━━━ Supplied information
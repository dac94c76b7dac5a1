-- ===== src/Packet/Icmp.antt =====
-- honeytrap/listener/canary/icmp/icmp.go: the ICMP header. `type_of` and `code_of` are the methods
-- Type and Code of ICMPv4TypeCode.
pub mod Parse
use dynamic_labyrinth.Base.{
  ℕ, ◌*◌, ◌+◌, ◌/◌, ◌%◌, List, [], ◌∷◌, length, ltb, if◌then◌else◌, Outcome, ok, err, ◌>>=◌,
}
use dynamic_labyrinth.Base.Bytes.{slice, index, be_u16, put_u16}

pub record Icmpv4 : Type 0 where
  pub type_code : ℕ
  pub checksum : ℕ
  pub id : ℕ
  pub seq : ℕ

unfoldable pub type_of : ℕ → ℕ
type_of a = a / 256 % 256

unfoldable pub code_of : ℕ → ℕ
code_of a = a % 256

-- SerializeTo, on a buffer of two bytes.
unfoldable pub serialize_to : ℕ → List ℕ
serialize_to a = put_u16 a

-- ICMPv4TypeCode(binary.BigEndian.Uint16([]byte{typ, code}))
unfoldable pub create_type_code : ℕ → ℕ → ℕ
create_type_code typ code = typ * 256 + code

-- The error carries the size of the input.
unfoldable pub parse : List ℕ → Outcome ℕ Icmpv4
unfolding create_type_code
parse bytes = if ltb (length bytes) 8 then err (length bytes) else do
  typ ← index bytes 0
  code ← index bytes 1
  checksum ← slice bytes 2 4 >>= be_u16
  id ← slice bytes 4 6 >>= be_u16
  seq ← slice bytes 6 8 >>= be_u16
  let i : Icmpv4 = record {
    type_code = create_type_code typ code;
    checksum = checksum;
    id = id;
    seq = seq;
  }
  ok i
━━━━━━
- _Action item_
Repeat exactly the lines from the one containing "pub checksum : ℕ" to the end of the records.

- _Solution below_
  pub checksum : ℕ
  pub id : ℕ
  pub seq : ℕ

unfoldable pub type_of : ℕ → ℕ
type_of a = a / 256 % 256

unfoldable pub code_of : ℕ → ℕ
code_of a = a % 256

-- SerializeTo, on a buffer of two bytes.
unfoldable pub serialize_to : ℕ → List ℕ
serialize_to a = put_u16 a

-- ICMPv4TypeCode(binary.BigEndian.Uint16([]byte{typ, code}))
unfoldable pub create_type_code : ℕ → ℕ → ℕ
create_type_code typ code = typ * 256 + code

-- The error carries the size of the input.
unfoldable pub parse : List ℕ → Outcome ℕ Icmpv4
unfolding create_type_code
parse bytes = if ltb (length bytes) 8 then err (length bytes) else do
  typ ← index bytes 0
  code ← index bytes 1
  checksum ← slice bytes 2 4 >>= be_u16
  id ← slice bytes 4 6 >>= be_u16
  seq ← slice bytes 6 8 >>= be_u16
  let i : Icmpv4 = record {
    type_code = create_type_code typ code;
    checksum = checksum;
    id = id;
    seq = seq;
  }
  ok i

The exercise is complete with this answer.